I’ve written previously about how machine learning can be valuable in helping us find interesting avenues for research and exploration, with early forays into this field already happening in medicine.
A recent paper highlights how the approach should not be confined to medicine, with researchers highlighting its possible application in materials science.
“What we’ve done is show that, starting with a relatively small data set of well-controlled experiments, it is possible to iteratively guide subsequent experiments toward finding the material with the desired target,” the authors say.
They suggest that materials science has typically been driven by intuition, with experimentation largely a case of trial and error. As things get more complex however, the number of combinatorial possibilities makes this approach far from optimal.
The researchers attempted to provide some computational support, with machine learning deployed to bring the algorithm rapidly up to speed.
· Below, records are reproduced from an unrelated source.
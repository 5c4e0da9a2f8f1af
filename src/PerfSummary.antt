-- ===== src/PerfSummary.antt =====
-- python/ttl/_src/perf_summary.py: the summary of the events of a trace.
--
-- Reading the files and printing are left out. An event is the JSON object of the trace, a key that it
-- may lack as an option or as the default that the source gives it. A coordinate that is missing is
-- `none`, the source's -1; no other coordinate is negative. A duration is signed.
pub mod Durations
pub mod Counts
pub mod Timestamps
pub mod Pairs
pub mod Json
mod Tests
use Prim.Native.String.{String}
use text.Mathlib.Text.{◌==◌ as str_eq, find?}
use tt_lang.Prelude.{
  ℤ, sub_ℕ, ℕ, ◌+◌, ◌-◌, List, [], ◌∷◌, ◌++◌, length, map, Option, none, some, Bool, true, false,
  ◌&&◌, ◌||◌, if◌then◌else◌, ltb, ◌==◌, Outcome, ok, raise, bind_ok, key_error,
}

abbrev pub Coord : Type 0
Coord = Option ℕ × Option ℕ

pub record Event : Type 0 where
  pub run_host_id : ℕ
  pub sx : Option ℕ
  pub sy : Option ℕ
  pub timestamp : ℕ
  pub zone : Option String
  pub zone_phase : String
  pub event_type : String
  pub num_bytes : ℕ
  pub noc : String
  pub mcast_start_x : Option ℕ
  pub mcast_start_y : Option ℕ
  pub dx : Option ℕ
  pub dy : Option ℕ

pub record ProgramSummary : Type 0 where
  pub program_id : ℕ
  pub source_cores : List Coord
  pub dram_bytes_read : ℕ
  pub dram_bytes_written : ℕ
  pub l1_bytes_read : ℕ
  pub l1_bytes_written : ℕ
  pub dram_read_count : ℕ
  pub dram_write_count : ℕ
  pub l1_read_count : ℕ
  pub l1_write_count : ℕ
  pub read_barrier_count : ℕ
  pub write_barrier_count : ℕ
  pub transfer_sizes : List (ℕ × ℕ)
  pub noc_read_counts : List (String × ℕ)
  pub noc_write_counts : List (String × ℕ)
  pub brisc_durations : List ℤ
  pub ncrisc_durations : List ℤ
  pub l1_destinations : List Coord
  pub dram_destinations : List Coord
  pub multicast_count : ℕ
  pub multicast_bytes : ℕ
  pub semaphore_count : ℕ
  pub min_timestamp : Option ℕ
  pub max_timestamp : Option ℕ

abbrev pub new_summary : ProgramSummary
new_summary = record {
  program_id = 0;
  source_cores = [];
  dram_bytes_read = 0;
  dram_bytes_written = 0;
  l1_bytes_read = 0;
  l1_bytes_written = 0;
  dram_read_count = 0;
  dram_write_count = 0;
  l1_read_count = 0;
  l1_write_count = 0;
  read_barrier_count = 0;
  write_barrier_count = 0;
  transfer_sizes = [];
  noc_read_counts = [];
  noc_write_counts = [];
  brisc_durations = [];
  ncrisc_durations = [];
  l1_destinations = [];
  dram_destinations = [];
  multicast_count = 0;
  multicast_bytes = 0;
  semaphore_count = 0;
  min_timestamp = none;
  max_timestamp = none;
}

abbrev pub same_number : Option ℕ → Option ℕ → Bool
same_number none none = true
same_number none (some b) = false
same_number (some a) none = false
same_number (some a) (some b) = a == b

abbrev pub same_coord : Coord → Coord → Bool
same_coord c d = same_number c.0 d.0 && same_number c.1 d.1

-- A set of coordinates.
abbrev pub in_set : Coord → List Coord → Bool
in_set c [] = false
in_set c (d ∷ ds) = same_coord c d || in_set c ds

abbrev pub add : Coord → List Coord → List Coord
add c cs = if in_set c cs then cs else c ∷ cs

-- `counts[key] += 1` in a `defaultdict(int)`.
abbrev pub count_key : {K : Type 0} → (K → K → Bool) → K → List (K × ℕ) → List (K × ℕ)
count_key same k [] = (k, 1) ∷ []
count_key same k ((j, n) ∷ t) = if same j k then (j, n + 1) ∷ t else (j, n) ∷ count_key same k t

abbrev pub size_eq : ℕ → ℕ → Bool
size_eq a b = a == b

-- `part in text`
unfoldable pub contains : String → String → Bool
contains part text = elim (find? text part) [ none ↦ false | some _ ↦ true ]

abbrev pub is_some : {A : Type 0} → Option A → Bool
is_some none = false
is_some (some a) = true

-- `ev["sx"]`
abbrev pub required : Option ℕ → Outcome ℕ
required none = raise key_error
required (some a) = ok a

abbrev pub collect_compute_cores_from_zones : List Event → Outcome (List Coord)
collect_compute_cores_from_zones [] = ok []
collect_compute_cores_from_zones (ev ∷ events) = elim ev.zone [
  | none ↦ collect_compute_cores_from_zones events
  | some _ ↦ bind_ok (required ev.sx) λ sx. bind_ok (required ev.sy) λ sy.
      bind_ok (collect_compute_cores_from_zones events) λ cores. ok (add (some sx, some sy) cores)
]

-- Track timestamp range
abbrev pub earlier : Option ℕ → ℕ → Option ℕ
earlier none ts = some ts
earlier (some t) ts = if ltb ts t then some ts else some t

abbrev pub later : Option ℕ → ℕ → Option ℕ
later none ts = some ts
later (some t) ts = if ltb t ts then some ts else some t

unfoldable pub track_timestamp : ℕ → ProgramSummary → ProgramSummary
track_timestamp ts s = record s {
  min_timestamp = earlier s.min_timestamp ts;
  max_timestamp = later s.max_timestamp ts;
}

-- The starts of zones by zone and core.
abbrev pub Starts : Type 0
Starts = List ((String × Coord) × ℕ)

abbrev pub same_zone : String × Coord → String × Coord → Bool
same_zone k l = str_eq k.0 l.0 && same_coord k.1 l.1

abbrev pub lookup_start : String × Coord → Starts → Option ℕ
lookup_start k [] = none
lookup_start k ((j, t) ∷ starts) = if same_zone j k then some t else lookup_start k starts

abbrev pub set_start : String × Coord → ℕ → Starts → Starts
set_start k t [] = (k, t) ∷ []
set_start k t ((j, u) ∷ starts) =
    if same_zone j k then (j, t) ∷ starts else (j, u) ∷ set_start k t starts

abbrev pub end_zone : String → ℕ → Option ℕ → ProgramSummary → ProgramSummary
end_zone zone ts none s = s
end_zone zone ts (some start) s =
    if contains "BRISC" zone
    then record s { brisc_durations = s.brisc_durations ++ (sub_ℕ ts start ∷ []) }
    else record s { ncrisc_durations = s.ncrisc_durations ++ (sub_ℕ ts start ∷ []) }

-- Zone events: track kernel durations
unfoldable pub zone_event : Event → String → ProgramSummary × Starts → ProgramSummary × Starts
unfolding contains
zone_event ev zone (s, starts) =
    if str_eq zone "BRISC-KERNEL" || str_eq zone "NCRISC-KERNEL"
    then if str_eq ev.zone_phase "ZONE_START"
      then (s, set_start (zone, (ev.sx, ev.sy)) ev.timestamp starts)
      else if str_eq ev.zone_phase "ZONE_END"
      then (end_zone zone ev.timestamp (lookup_start (zone, (ev.sx, ev.sy)) starts) s, starts)
      else (s, starts)
    else (s, starts)

abbrev pub barrier_event : String → ProgramSummary → ProgramSummary
barrier_event event_type s =
    if contains "READ" event_type && contains "START" event_type
    then record s { read_barrier_count = s.read_barrier_count + 1 }
    else if contains "WRITE" event_type && contains "START" event_type
    then record s { write_barrier_count = s.write_barrier_count + 1 }
    else s

-- Classified by whether the targets are compute cores or DRAM.
abbrev pub multicast_event : Event → Bool → ProgramSummary → ProgramSummary
multicast_event ev is_l1_mcast s =
    let t = record s {
      transfer_sizes = count_key size_eq ev.num_bytes s.transfer_sizes;
      noc_write_counts = count_key str_eq ev.noc s.noc_write_counts;
    } in
    if is_l1_mcast
    then record t {
      multicast_count = t.multicast_count + 1;
      multicast_bytes = t.multicast_bytes + ev.num_bytes;
    }
    else record t {
      dram_bytes_written = t.dram_bytes_written + ev.num_bytes;
      dram_write_count = t.dram_write_count + 1;
    }

abbrev pub read_event : Event → Bool → ProgramSummary → ProgramSummary
read_event ev is_l1 s =
    let t = record s {
      transfer_sizes = count_key size_eq ev.num_bytes s.transfer_sizes;
      noc_read_counts = count_key str_eq ev.noc s.noc_read_counts;
    } in
    if is_l1
    then record t {
      l1_bytes_read = t.l1_bytes_read + ev.num_bytes;
      l1_read_count = t.l1_read_count + 1;
      l1_destinations = add (ev.dx, ev.dy) t.l1_destinations;
    }
    else record t {
      dram_bytes_read = t.dram_bytes_read + ev.num_bytes;
      dram_read_count = t.dram_read_count + 1;
      dram_destinations =
          if is_some ev.dx then add (ev.dx, ev.dy) t.dram_destinations else t.dram_destinations;
    }

abbrev pub write_event : Event → Bool → ProgramSummary → ProgramSummary
write_event ev is_l1 s =
    let t = record s {
      transfer_sizes = count_key size_eq ev.num_bytes s.transfer_sizes;
      noc_write_counts = count_key str_eq ev.noc s.noc_write_counts;
    } in
    if is_l1
    then record t {
      l1_bytes_written = t.l1_bytes_written + ev.num_bytes;
      l1_write_count = t.l1_write_count + 1;
      l1_destinations = add (ev.dx, ev.dy) t.l1_destinations;
    }
    else record t {
      dram_bytes_written = t.dram_bytes_written + ev.num_bytes;
      dram_write_count = t.dram_write_count + 1;
      dram_destinations =
          if is_some ev.dx then add (ev.dx, ev.dy) t.dram_destinations else t.dram_destinations;
    }

-- NOC events
unfoldable pub noc_event : List Coord → Event → ProgramSummary → ProgramSummary
unfolding contains
noc_event compute_cores ev s =
    let t = record s { source_cores = add (ev.sx, ev.sy) s.source_cores } in
    if contains "SEMAPHORE" ev.event_type
    then record t { semaphore_count = t.semaphore_count + 1 }
    else if contains "BARRIER" ev.event_type
    then barrier_event ev.event_type t
    else if is_some ev.mcast_start_x
    then multicast_event ev (in_set (ev.mcast_start_x, ev.mcast_start_y) compute_cores) t
    else if contains "READ" ev.event_type
    then read_event ev (in_set (ev.dx, ev.dy) compute_cores && is_some ev.dx) t
    else if contains "WRITE" ev.event_type
    then write_event ev (in_set (ev.dx, ev.dy) compute_cores && is_some ev.dx) t
    else t

-- One round of the loop, and the loop.
abbrev pub classify :
    List Coord → Event → Option String → ProgramSummary → Starts → ProgramSummary × Starts
classify compute_cores ev (some zone) s starts = zone_event ev zone (s, starts)
classify compute_cores ev none s starts = (noc_event compute_cores ev s, starts)

unfoldable pub step : List Coord → Event → ProgramSummary × Starts → ProgramSummary × Starts
unfolding zone_event noc_event track_timestamp
step compute_cores ev (s, starts) =
    classify compute_cores ev ev.zone (track_timestamp ev.timestamp s) starts

abbrev pub run : List Coord → List Event → ProgramSummary × Starts → ProgramSummary × Starts
run compute_cores [] st = st
run compute_cores (ev ∷ events) st = run compute_cores events (step compute_cores ev st)

unfoldable pub parse_noc_trace : List Event → Outcome ProgramSummary
unfolding step
parse_noc_trace [] = ok new_summary
parse_noc_trace (ev ∷ events) =
    bind_ok (collect_compute_cores_from_zones (ev ∷ events)) λ compute_cores.
      ok
        (run compute_cores (ev ∷ events) (record new_summary { program_id = ev.run_host_id }, [])).0

abbrev pub in_numbers : Option ℕ → List (Option ℕ) → Bool
in_numbers a [] = false
in_numbers a (b ∷ bs) = same_number a b || in_numbers a bs

abbrev pub distinct : List (Option ℕ) → List (Option ℕ)
distinct [] = []
distinct (x ∷ xs) = if in_numbers x xs then distinct xs else x ∷ distinct xs

-- The numbers of distinct columns and of distinct rows.
unfoldable pub infer_grid_shape : List Coord → ℕ × ℕ
infer_grid_shape cores = (
  length (distinct (map (λ (c : Coord). c.0) cores)),
  length (distinct (map (λ (c : Coord). c.1) cores)),
)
This process allowed a framework to be developed that helped to guide the next wave of experiments to be undertaken in the search for a new shape-memory alloy with low thermal hysteresis, which have a wide range of possible applications.
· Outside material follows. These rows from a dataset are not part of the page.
-- ===== src/PerfSummary/Counts.antt =====
-- python/ttl/_src/perf_summary.py: every transfer of a trace is counted once, with its bytes.
use Prim.Native.String.{String}
use text.Mathlib.Text.{◌==◌ as str_eq}
use tt_lang.Prelude.{
  ℕ, ◌+◌, ◌*◌, ◌≡◌, refl, List, [], ◌∷◌, Option, none, some, Bool, true, false, not, ◌&&◌, ◌||◌,
  if◌then◌else◌, ◌==◌, ok, bind_ok-eq-ok, ok-injective, subst, arith, Bool-cases, inl, inr, ==→eq,
}
use tt_lang.PerfSummary.{
  Event, Coord, ProgramSummary, new_summary, count_key, size_eq, contains, is_some, zone_event,
  noc_event, Starts, end_zone, classify, step, run, track_timestamp, parse_noc_trace, lookup_start,
  collect_compute_cores_from_zones, read_event, write_event, multicast_event, barrier_event, add,
  in_set,
}

abbrev pub sum_counts : {K : Type 0} → List (K × ℕ) → ℕ
sum_counts [] = 0
sum_counts ((k, n) ∷ t) = n + sum_counts t

-- The bytes of a table of transfer sizes.
abbrev pub sum_bytes : List (ℕ × ℕ) → ℕ
sum_bytes [] = 0
sum_bytes ((size, n) ∷ t) = size * n + sum_bytes t

sum_counts-count_key :
    {K : Type 0} (same : K → K → Bool) (k : K) (t : List (K × ℕ))
    → sum_counts (count_key same k t) ≡ sum_counts t + 1
sum_counts-count_key same k [] = refl
sum_counts-count_key same k ((j, n) ∷ t) = ground (arith, sum_counts-count_key same k t)

sum_bytes-count_key :
    (k : ℕ) (t : List (ℕ × ℕ)) → sum_bytes (count_key size_eq k t) ≡ sum_bytes t + k
sum_bytes-count_key k [] = omega arith
sum_bytes-count_key k ((j, n) ∷ t) = elim (Bool-cases (j == k)) [
  | inl e ↦
      let e' : j ≡ k = ==→eq j k e in
      rw e (let grown : j * (n + 1) ≡ j * n + j = grind arith in omega (arith, grown))
  | inr e ↦ rw e (omega (arith, sum_bytes-count_key k t))
]

-- Whether an event moves data: it is of no zone, no semaphore and no barrier, and it is a multicast, a
-- read or a write.
abbrev pub moves : Event → Option String → Bool
moves ev (some zone) = false
moves ev none =
    not (contains "SEMAPHORE" ev.event_type)
    && not (contains "BARRIER" ev.event_type)
    && (is_some ev.mcast_start_x || contains "READ" ev.event_type || contains "WRITE" ev.event_type)

abbrev pub transfers : List Event → ℕ
transfers [] = 0
transfers (ev ∷ events) = (if moves ev ev.zone then 1 else 0) + transfers events

abbrev pub payload : List Event → ℕ
payload [] = 0
payload (ev ∷ events) = (if moves ev ev.zone then ev.num_bytes else 0) + payload events

-- A summary that counts `n` transfers of `b` bytes, in each of its tables.
pub record Tallied (s : ProgramSummary) (n b : ℕ) : Type 0 where
  pub reads : sum_counts s.noc_read_counts ≡ s.dram_read_count + s.l1_read_count
  pub writes :
      sum_counts s.noc_write_counts ≡ s.dram_write_count + s.l1_write_count + s.multicast_count
  pub sizes : sum_counts s.transfer_sizes ≡ n
  pub bytes : sum_bytes s.transfer_sizes ≡ b
  pub all_counts : sum_counts s.noc_read_counts + sum_counts s.noc_write_counts ≡ n
  pub all_bytes :
      s.dram_bytes_read + s.dram_bytes_written + s.l1_bytes_read + s.l1_bytes_written
        + s.multicast_bytes
      ≡ b

-- Each kind of transfer adds one to the counts and its bytes to the bytes.
module _ (ev : Event) (s : ProgramSummary) (n b : ℕ) (h : Tallied s n b) where
  sizes :
      sum_counts (count_key size_eq ev.num_bytes s.transfer_sizes) ≡ sum_counts s.transfer_sizes + 1
  sizes = sum_counts-count_key size_eq ev.num_bytes s.transfer_sizes

  bytes :
      sum_bytes (count_key size_eq ev.num_bytes s.transfer_sizes)
      ≡ sum_bytes s.transfer_sizes + ev.num_bytes
  bytes = sum_bytes-count_key ev.num_bytes s.transfer_sizes

  reads : sum_counts (count_key str_eq ev.noc s.noc_read_counts) ≡ sum_counts s.noc_read_counts + 1
  reads = sum_counts-count_key str_eq ev.noc s.noc_read_counts

  writes :
      sum_counts (count_key str_eq ev.noc s.noc_write_counts) ≡ sum_counts s.noc_write_counts + 1
  writes = sum_counts-count_key str_eq ev.noc s.noc_write_counts

  read_event-Tallied : (is_l1 : Bool) → Tallied (read_event ev is_l1 s) (n + 1) (b + ev.num_bytes)
  read_event-Tallied true = omega (arith, sizes, bytes, reads)
  read_event-Tallied false = omega (arith, sizes, bytes, reads)

  write_event-Tallied : (is_l1 : Bool) → Tallied (write_event ev is_l1 s) (n + 1) (b + ev.num_bytes)
  write_event-Tallied true = omega (arith, sizes, bytes, writes)
  write_event-Tallied false = omega (arith, sizes, bytes, writes)

  multicast_event-Tallied :
      (is_l1 : Bool) → Tallied (multicast_event ev is_l1 s) (n + 1) (b + ev.num_bytes)
  multicast_event-Tallied true = omega (arith, sizes, bytes, writes)
  multicast_event-Tallied false = omega (arith, sizes, bytes, writes)

-- Other events add nothing.
module _ (s : ProgramSummary) (n b : ℕ) (h : Tallied s n b) where
  barrier_event-Tallied : (event_type : String) → Tallied (barrier_event event_type s) n b
  barrier_event-Tallied event_type =
      elim (Bool-cases (contains "READ" event_type && contains "START" event_type)) [
        | inl e ↦ rw e (omega arith)
        | inr e ↦ elim (Bool-cases (contains "WRITE" event_type && contains "START" event_type)) [
          | inl f ↦ rw (e, f) (omega arith)
          | inr f ↦ rw (e, f) h
        ]
      ]

  end_zone-Tallied : (zone : String) (ts : ℕ) (o : Option ℕ) → Tallied (end_zone zone ts o s) n b
  end_zone-Tallied zone ts none = h
  end_zone-Tallied zone ts (some start) = elim (Bool-cases (contains "BRISC" zone)) [
    | inl e ↦ rw e (omega arith)
    | inr e ↦ rw e (omega arith)
  ]

  track_timestamp-Tallied : (ts : ℕ) → Tallied (track_timestamp ts s) n b
  unfolding track_timestamp
  track_timestamp-Tallied ts = omega arith

noc_event-Tallied :
    (compute_cores : List Coord) (ev : Event) (s : ProgramSummary) (n b : ℕ)
    → Tallied s n b
    → Tallied
        (noc_event compute_cores ev s)
        (n + (if moves ev none then 1 else 0))
        (b + (if moves ev none then ev.num_bytes else 0))
unfolding noc_event
noc_event-Tallied compute_cores ev s n b h =
    let t : ProgramSummary = record s { source_cores = add (ev.sx, ev.sy) s.source_cores } in
    let k : Tallied t n b = omega arith in
    elim (Bool-cases (contains "SEMAPHORE" ev.event_type)) [
      | inl e ↦ rw e (omega arith)
      | inr e ↦ elim (Bool-cases (contains "BARRIER" ev.event_type)) [
        | inl f ↦
            let r = barrier_event-Tallied t n b k ev.event_type in
            rw (e, f)
              (omega (arith, r.reads, r.writes, r.sizes, r.bytes, r.all_counts, r.all_bytes))
        | inr f ↦ elim (Bool-cases (is_some ev.mcast_start_x)) [
          | inl g ↦
              rw (e, f, g)
                (multicast_event-Tallied ev t n b k
                  (in_set (ev.mcast_start_x, ev.mcast_start_y) compute_cores))
          | inr g ↦ elim (Bool-cases (contains "READ" ev.event_type)) [
            | inl r ↦
                rw (e, f, g, r)
                  (read_event-Tallied ev t n b k
                    (in_set (ev.dx, ev.dy) compute_cores && is_some ev.dx))
            | inr r ↦ elim (Bool-cases (contains "WRITE" ev.event_type)) [
              | inl w ↦
                  rw (e, f, g, r, w)
                    (write_event-Tallied ev t n b k
                      (in_set (ev.dx, ev.dy) compute_cores && is_some ev.dx))
              | inr w ↦ rw (e, f, g, r, w) (omega arith)
            ]
          ]
        ]
      ]
    ]

zone_event-Tallied :
    (ev : Event) (zone : String) (s : ProgramSummary) (starts : Starts) (n b : ℕ)
    → Tallied s n b
    → Tallied (zone_event ev zone (s, starts)).0 n b
unfolding zone_event
zone_event-Tallied ev zone s starts n b h =
    elim (Bool-cases (str_eq zone "BRISC-KERNEL" || str_eq zone "NCRISC-KERNEL")) [
      | inl e ↦ elim (Bool-cases (str_eq ev.zone_phase "ZONE_START")) [
        | inl f ↦ rw (e, f) h
        | inr f ↦ elim (Bool-cases (str_eq ev.zone_phase "ZONE_END")) [
          | inl g ↦
              rw (e, f, g)
                (end_zone-Tallied s n b h zone ev.timestamp
                  (lookup_start (zone, (ev.sx, ev.sy)) starts))
          | inr g ↦ rw (e, f, g) h
        ]
      ]
      | inr e ↦ rw e h
    ]

classify-Tallied :
    (compute_cores : List Coord) (ev : Event) (zone : Option String) (s : ProgramSummary)
    (starts : Starts) (n b : ℕ)
    → Tallied s n b
    → Tallied
        (classify compute_cores ev zone s starts).0
        (n + (if moves ev zone then 1 else 0))
        (b + (if moves ev zone then ev.num_bytes else 0))
classify-Tallied compute_cores ev none s starts n b h = noc_event-Tallied compute_cores ev s n b h
classify-Tallied compute_cores ev (some zone) s starts n b h =
    subst (λ m. Tallied (zone_event ev zone (s, starts)).0 m (b + 0)) (omega arith)
      (subst (Tallied (zone_event ev zone (s, starts)).0 n) (omega arith)
        (zone_event-Tallied ev zone s starts n b h))

step-Tallied :
    (compute_cores : List Coord) (ev : Event) (s : ProgramSummary) (starts : Starts) (n b : ℕ)
    → Tallied s n b
    → Tallied
        (step compute_cores ev (s, starts)).0
        (n + (if moves ev ev.zone then 1 else 0))
        (b + (if moves ev ev.zone then ev.num_bytes else 0))
unfolding step
step-Tallied compute_cores ev s starts n b h =
    classify-Tallied compute_cores ev ev.zone (track_timestamp ev.timestamp s) starts n b
      (track_timestamp-Tallied s n b h ev.timestamp)

run-Tallied :
    (compute_cores : List Coord) (events : List Event) (s : ProgramSummary) (starts : Starts)
    (n b : ℕ)
    → Tallied s n b
    → Tallied (run compute_cores events (s, starts)).0 (n + transfers events) (b + payload events)
run-Tallied compute_cores [] s starts n b h =
    subst (λ m. Tallied s m (b + 0)) (omega arith) (subst (Tallied s n) (omega arith) h)
run-Tallied compute_cores (ev ∷ events) s starts n b h =
    let more : ℕ = if moves ev ev.zone then 1 else 0 in
    let bytes : ℕ = if moves ev ev.zone then ev.num_bytes else 0 in
    let st : ProgramSummary × Starts = step compute_cores ev (s, starts) in
    let e : n + more + transfers events ≡ n + transfers (ev ∷ events) = omega arith in
    let e' : b + bytes + payload events ≡ b + payload (ev ∷ events) = omega arith in
    subst (λ m. Tallied (run compute_cores events st).0 m (b + payload (ev ∷ events))) e
      (subst (Tallied (run compute_cores events st).0 (n + more + transfers events)) e' (
        run-Tallied compute_cores events st.0 st.1 (n + more) (b + bytes)
          (step-Tallied compute_cores ev s starts n b h)))

Tallied-zero : {s : ProgramSummary} (n b : ℕ) → Tallied s (0 + n) (0 + b) → Tallied s n b
Tallied-zero n b h = record {
  reads = h.reads;
  writes = h.writes;
  sizes = omega (arith, h.sizes);
  bytes = omega (arith, h.bytes);
  all_counts = omega (arith, h.all_counts);
  all_bytes = omega (arith, h.all_bytes);
}

-- In the summary of any trace, the counts of the reads by NOC add up to the reads from DRAM and L1, and
-- the counts of the writes by NOC to the writes to DRAM and L1 and the multicasts. Both together are the
-- number of events of the trace that move data, and so are the counts of the transfer sizes. The bytes
-- of all kinds together are the bytes of those events, and so are the transfer sizes taken as often as
-- they were counted.
pub parse_noc_trace-Tallied :
    (events : List Event) (s : ProgramSummary)
    → parse_noc_trace events ≡ ok s
    → Tallied s (transfers events) (payload events)
unfolding parse_noc_trace
parse_noc_trace-Tallied [] s e = subst (λ t. Tallied t 0 0) (ok-injective e) (omega arith)
parse_noc_trace-Tallied (ev ∷ events) s e =
    let (cores, found, e') =
      bind_ok-eq-ok (collect_compute_cores_from_zones (ev ∷ events))
        (λ compute_cores.
          ok
            (run compute_cores (ev ∷ events)
              (record new_summary { program_id = ev.run_host_id }, [])).0)
        e in
    subst (λ t. Tallied t (transfers (ev ∷ events)) (payload (ev ∷ events))) (ok-injective e')
      (Tallied-zero (transfers (ev ∷ events)) (payload (ev ∷ events)) (
        run-Tallied cores (ev ∷ events) (record new_summary { program_id = ev.run_host_id }) [] 0 0
          (omega arith)))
“The goal is to cut in half the time and cost of bringing materials to market,” they say. “What we have demonstrated is a data-driven framework built on the foundations of machine learning and design that can lead to discovering new materials with targeted properties much faster than before.”
Whilst such a machine learning based approach has seen traction in other fields, it’s believed to be one of the first attempts to use such a method in materials science.
Attempts thus far have largely focused on brute force examinations of databases. The team believe, however, that the interplay between structural, chemical, and microstructural degrees of freedom presents too much complexity to be handled effectively by current tools. What’s more, the experiments that are done tend to offer little feedback to guide future research.
The team suggest that their method can be applied to any materials class, or indeed any target property, which could prove crucial when complexity ramps up.